Por: Jorge Alejandro Suárez Saponaro |Director de Diario El Minuto para Argentina.


No exento de controversias, la fuerza resultante, conocidas como “Cunditas” se transformó en un serio adversario para las fuerzas japonesas.

En 1942, Birmania cayó en manos japonesas, en el marco de una guerra relámpago llevada en el Extremo Oriente. En meses, Japón lanzó ofensivas a gran escala, gracias a su superioridad en el mar, apoyado por una poderosa fuerza de portaaviones, conquistando Malasia, las Indias Holandesas (actual Indonesia), la inexpugnable base de Singapur, además de controlar Indochina francesa sin oposición, dado que el régimen de Vichy, les facilitó las cosas, además de la expansión sobre las islas del Pacífico Sur y la isla Nueva Guinea.

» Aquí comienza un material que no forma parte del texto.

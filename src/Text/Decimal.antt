-- ===== src/Text/Decimal.antt =====
-- Decimal print (`std::to_string`) and what reads it back.
use jjmcp.Base.{
  ℕ, zero, suc, ◌+◌, ◌-◌, ◌*◌, ◌/◌, ◌%◌, ◌<◌, ◌≡◌, refl, true, false, [], ◌∷◌, arith, ◌==◌,
  Bool-cases, inl, inr,
}
use jjmcp.Text.{Bytes, digits, to_string, is_empty}
use jjmcp.Text.Words.{all_digits}

-- The number that digits spell behind `n`.
unfoldable pub number : Bytes → ℕ → ℕ
number [] n = n
number (c ∷ s) n = number s (n * 10 + (c - b'0'))

last_digit : (n : ℕ) → n / 10 * 10 + (b'0' + n % 10 - b'0') ≡ n
last_digit n = omega arith

number-digits : (fuel n : ℕ) (out : Bytes) → n < fuel → number (digits fuel n out) 0 ≡ number out n
unfolding digits
number-digits zero n out h = absurd (omega arith)
number-digits (suc fuel) n out h = elim (Bool-cases (n == 0)) [
  | inl e ↦ let zero_n : n ≡ 0 = ground arith in rw (e, zero_n)
  | inr e ↦
      let more : number (digits fuel (n / 10) ((b'0' + n % 10) ∷ out)) 0
          ≡ number ((b'0' + n % 10) ∷ out) (n / 10) =
        number-digits fuel (n / 10) ((b'0' + n % 10) ∷ out) (ground arith) in
      rw (e, more) (unfold number in rw (last_digit n))
]

all_digits-digits :
    (fuel n : ℕ) (out : Bytes) → all_digits out ≡ true → all_digits (digits fuel n out) ≡ true
unfolding digits all_digits
all_digits-digits zero n out h = h
all_digits-digits (suc fuel) n out h = elim (Bool-cases (n == 0)) [
  | inl e ↦ rw e h
  | inr e ↦ rw e (all_digits-digits fuel (n / 10) ((b'0' + n % 10) ∷ out) (ground arith))
]

digits_grow : (fuel n c : ℕ) (out : Bytes) → is_empty (digits fuel n (c ∷ out)) ≡ false
unfolding digits
digits_grow zero n c out = refl
digits_grow (suc fuel) n c out = elim (Bool-cases (n == 0)) [
  | inl e ↦ rw e
  | inr e ↦ rw e (digits_grow fuel (n / 10) (b'0' + n % 10) (c ∷ out))
]

digits_some : (fuel n : ℕ) → (n == 0) ≡ false → is_empty (digits (suc fuel) n []) ≡ false
unfolding digits
digits_some fuel n h = rw h (digits_grow fuel (n / 10) (b'0' + n % 10) [])

pub number-to_string : (n : ℕ) → number (to_string n) 0 ≡ n
unfolding to_string number
number-to_string n = elim (Bool-cases (n == 0)) [
  | inl e ↦ rw (e) (ground arith)
  | inr e ↦ rw (e) (number-digits (suc n) n [] (omega arith))
]

pub all_digits-to_string : (n : ℕ) → all_digits (to_string n) ≡ true
unfolding to_string all_digits
all_digits-to_string n = elim (Bool-cases (n == 0)) [
  | inl e ↦ rw e
  | inr e ↦ rw e (all_digits-digits (suc n) n [] refl)
]

pub to_string_grows : (n : ℕ) → is_empty (to_string n) ≡ false
unfolding to_string
to_string_grows n = elim (Bool-cases (n == 0)) [
  | inl e ↦ rw e
  | inr e ↦ rw e (digits_some n n (ground arith))
]
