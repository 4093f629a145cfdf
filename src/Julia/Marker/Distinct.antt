-- ===== src/Julia/Marker/Distinct.antt =====
-- Marker ids (src/julia_wrap.cpp `make_marker_id`).
use jjmcp.Base.{
  ℕ, ◌≡◌, refl, sym, ap, ◌∙◌, true, [], ◌∷◌, ◌++◌, &&_split, drop, get_or, append_assoc,
}
use mathlib.Core.Bool.{false≢true}
use jjmcp.Text.{Bytes, to_string}
use jjmcp.Text.Words.{is_digit, all_digits}
use jjmcp.Text.Decimal.{number, number-to_string, all_digits-to_string}
use jjmcp.Julia.Marker.{make_marker_id}

to_string_inj : (m n : ℕ) → to_string m ≡ to_string n → m ≡ n
to_string_inj m n e = sym (number-to_string m) ∙ ap (λ s. number s 0) e ∙ number-to_string n

-- Digits up to an underscore are read off a text.
digits_cancel :
    (s t x y : Bytes)
    → all_digits s ≡ true
    → all_digits t ≡ true
    → s ++ b'_' ∷ x ≡ t ++ b'_' ∷ y
    → (s ≡ t) × (x ≡ y)
unfolding all_digits
digits_cancel [] [] x y hs ht e = (refl, ap (drop 1) e)
digits_cancel [] (d ∷ t) x y hs ht e =
    let same : b'_' ≡ d = ap (λ r. get_or r 0 0) e in
    absurd (false≢true (ap is_digit same ∙ (&&_split (is_digit d) (all_digits t) ht).0))
digits_cancel (c ∷ s) [] x y hs ht e =
    let same : c ≡ b'_' = ap (λ r. get_or r 0 0) e in
    absurd (false≢true (ap is_digit (sym same) ∙ (&&_split (is_digit c) (all_digits s) hs).0))
digits_cancel (c ∷ s) (d ∷ t) x y hs ht e =
    let same : c ≡ d = ap (λ r. get_or r 0 0) e in
    let (rest, tail) =
      digits_cancel s t x y (&&_split (is_digit c) (all_digits s) hs).1
        (&&_split (is_digit d) (all_digits t) ht).1 (ap (drop 1) e) in
    (rw (same, rest) refl, tail)

shape :
    (micros pid sequence : ℕ)
    → make_marker_id micros pid sequence
      ≡ to_string micros ++ b'_' ∷ (to_string pid ++ b'_' ∷ to_string sequence)
unfolding make_marker_id
shape micros pid sequence = simp append_assoc

-- Two marker ids are the same only if the clock, the process id and the sequence number are.
pub make_marker_id_distinct :
    (micros pid sequence micros' pid' sequence' : ℕ)
    → make_marker_id micros pid sequence ≡ make_marker_id micros' pid' sequence'
    → (micros ≡ micros') × (pid ≡ pid') × (sequence ≡ sequence')
make_marker_id_distinct m p s m' p' s' e =
    let (em, rest) =
      digits_cancel (to_string m) (to_string m') _ _ (all_digits-to_string m)
        (all_digits-to_string m') (sym (shape m p s) ∙ e ∙ shape m' p' s') in
    let (ep, es) =
      digits_cancel (to_string p) (to_string p') _ _ (all_digits-to_string p)
        (all_digits-to_string p') rest in
    (to_string_inj m m' em, to_string_inj p p' ep, to_string_inj s s' es)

En enero de año citado, los japoneses lanzaron la campaña de Birmania, débilmente defendida por dos divisiones anglo indias. El gobierno británico había hecho poco esfuerzo para la defensa de dicho territorio, y es altamente posible que subestimara las intenciones del enemigo. Los británicos estaban en inferioridad numérica y material, ante un enemigo bien adaptado en la guerra de jungla. Los objetivos estratégicos eran la capital colonial, Rangún, y el llamado Camino de Birmania, que conectaba con China.

Los graves problemas logísticos británicos se vieron agravados por el dominio del aire por parte de Japón. El avance japonés fue rápido, los británicos destruyeron lo que pudieron, especialmente los campos petroleros, e intentaron ponerse en contacto con las fuerzas de China Nacionalista. Las fuerzas chinas fueron derrotadas y tuvieron que replegarse hacia el norte, junto con los británicos, quedando amenazada la joya del imperio, la India.

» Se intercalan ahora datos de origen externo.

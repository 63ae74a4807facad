-- ===== src/App/Runs.antt =====
-- The theorems on the commands of cmd/p2papp/main.go, at concrete sessions.
use p2papp.Prelude.{
  ℕ, ◌≡◌, refl, true, Option, none, some, List, [], ◌∷◌, ◌++◌, Str, str_dec, codes, inr, arith, ltb,
}
use p2papp.Assoc
use p2papp.File.{done, Disk, write_file}
use p2papp.Path.{join, clean, split_path, resolve, render, rooted_path, relative_path}
use p2papp.Storage
use p2papp.Storage.{chunk_path, meta_path, new_file_storage}
use p2papp.Storage.Chunks.{joined}
use p2papp.Storage.Stored
use p2papp.Storage.Stored.{read_source}
use p2papp.Transfer.{Answers, unread}
use p2papp.Cloud.{new_cloud_service, upload, after_store}
use p2papp.Chat
use p2papp.Chat.{Action, published}
use p2papp.Wallet.{save, load, read_wallet, identity_from, new_wallet, wallet_bytes, write_bytes}
use p2papp.Wallet.Samples.{crypto, wallet, put_wallet, get_wallet, first_of}
use p2papp.Wire.{put_str, get_str, decode_metadata-encode_metadata}
use p2papp.Wire.Samples.{env, io, codec}
use p2papp.App.{wallet_path, cloud_dir}
use p2papp.App.Commands.{
  Input, line, signalled, with_wallet, open_host, open_cloud, chat_join, cloud_upload,
  cloud_download, upload_by,
}
use p2papp.App.Uploads.{cloud_download-cloud_upload}
use p2papp.App.Sessions.{Session, chat_join_lem}

program : Unit {0}
unfolding join clean split_path resolve render rooted_path relative_path wallet_path cloud_dir save
    load read_wallet identity_from new_wallet wallet_bytes write_bytes write_file put_wallet
    get_wallet first_of put_str get_str str_dec with_wallet open_host open_cloud new_cloud_service
    new_file_storage chunk_path meta_path Storage.store Storage.store_sized Storage.store_hashed
    Storage.store_metadata Storage.store_text Storage.new_metadata Storage.store_chunks
    Storage.new_chunk upload upload_by after_store cloud_upload Assoc.get Assoc.put
program = tt

-- A disk with a wallet, and hosts that start with one-byte ids.
abbrev data_dir : Str
data_dir = codes "/data"

abbrev walleted : Disk
unfolding program
walleted = (save crypto true done (some wallet) (wallet_path data_dir) []).0

abbrev starts : ℕ → Option Str
starts k = some (k ∷ [])

data_storage-IsLawful : Stored.IsLawful env (new_file_storage env (cloud_dir data_dir))
unfolding program
data_storage-IsLawful = record {
  unmarshal-marshal = λ m b e. ground (arith, decode_metadata-encode_metadata m);
  paths_differ = λ b w e. ground arith;
}

-- A line with a no-break space after it, a blank one, and one that pubsub does not publish.
abbrev inputs : List Input
inputs =
    line (codes " hi" ++ 194 ∷ 160 ∷ 10 ∷ [])
    ∷ line (codes "  ")
    ∷ line (codes "you")
    ∷ signalled
    ∷ []

abbrev pubsub : ℕ → Chat.Answers
pubsub k = record { joins = λ t. true; subscribes = λ t. true; publishes = λ m. ltb k 3 }

chat_join_lem_example :
    (joining : Chat.Message) × (results : List (List Action × Chat.Outcome)) × (chat_join crypto
        starts
        (λ p. p)
        pubsub
        (λ k. k ∷ [])
        (codes "a")
        inputs
        data_dir
        walleted
      ≡ inr (published joining ∷ [], results))
    × (joining.kind ≡ codes "join")
    × (joining.from ≡ 7 ∷ [])
    × (joining.room_id ≡ codes "a")
    × Session pubsub (λ k. k ∷ []) (7 ∷ []) (codes "a") 1 inputs results
unfolding program
chat_join_lem_example =
    chat_join_lem crypto starts (λ p. p) pubsub (λ k. k ∷ []) (codes "a") inputs data_dir walleted
      (7 ∷ []) refl refl

abbrev pieces : List (List ℕ)
pieces = (1 ∷ 2 ∷ []) ∷ (3 ∷ []) ∷ []

abbrev answers : Answers
answers = record { created = done; writes = λ k. done; removed = done; renamed = true }

abbrev uploaded : Disk
uploaded =
    (cloud_upload crypto starts env true io (λ h. true) (codes "f")
      (some (read_source 3 (joined pieces) pieces)) data_dir walleted).0

cloud_download-cloud_upload_example :
    (Assoc.get
        (codes "out")
        (cloud_download crypto starts env codec
          (λ p stream. unread)
          (λ p. answers)
          (joined pieces)
          (codes "out")
          true
          done
          (λ k. done)
          none
          data_dir
          uploaded).0
      ≡ some (joined pieces))
    × ((cloud_download crypto starts env codec
          (λ p stream. unread)
          (λ p. answers)
          (joined pieces)
          (codes "out")
          true
          done
          (λ k. done)
          none
          data_dir
          uploaded).1
        ≡ inr tt)
unfolding program
cloud_download-cloud_upload_example =
    cloud_download-cloud_upload crypto starts env codec true true io (λ h. true) data_dir
      (codes "f") (codes "out") 3 (joined pieces) _ pieces walleted (λ p stream. unread)
      (λ p. answers) none _ _ data_storage-IsLawful (λ p. refl) refl (λ x y i j e. ground arith)
      (λ b i. λ e. ground arith) refl refl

La situación de los británicos en la India era difícil. La agitación nacionalista, con las campañas de de desobediencia civil, sabotajes, boicot, dificultaban los planes de reclutamiento, como de apoyo a otros puntos del imperio. Tropas anglo indias luchaban en Oriente Medio contra Rommel, estaban presentes en Persia, para impedir que cayera en manos del Eje o bajo control total de Moscú. Incluso en lugares tan distantes, como Madagascar, tropas británicas apoyaron a las fuerzas de Francia Libre contra los leales al régimen de Vichy.

No se podía hacer mucho para presionar a los japoneses estacionados en Birmania, salvo escaramuzas fronterizas. En 1942, la división 14 india fue lanzada en una operación sobre la región birmana de Arakán, en diciembre de dicho año, que fue un verdadero fracaso y minó la moral del ejército indio.

En el marco de esta crisis hace aparición el brigadier Orde Wingate, que había desarrollado tácticas de penetración en profundidad y acciones especiales (un ejemplo exitoso fue la Fuerza Especial Gideon en la campaña de Abisinia en 1941 o la instrucción de escuadras nocturnas con voluntarios judíos en los 30, para hacer frente al activismo árabe) La Brigada 77 de Infantería india, fue el núcleo de la Fuerza Especial Chindita, derivado de la mala pronunciación de “Chindeis”, suerte de leones mitológicos, guardianes de los templos birmanos.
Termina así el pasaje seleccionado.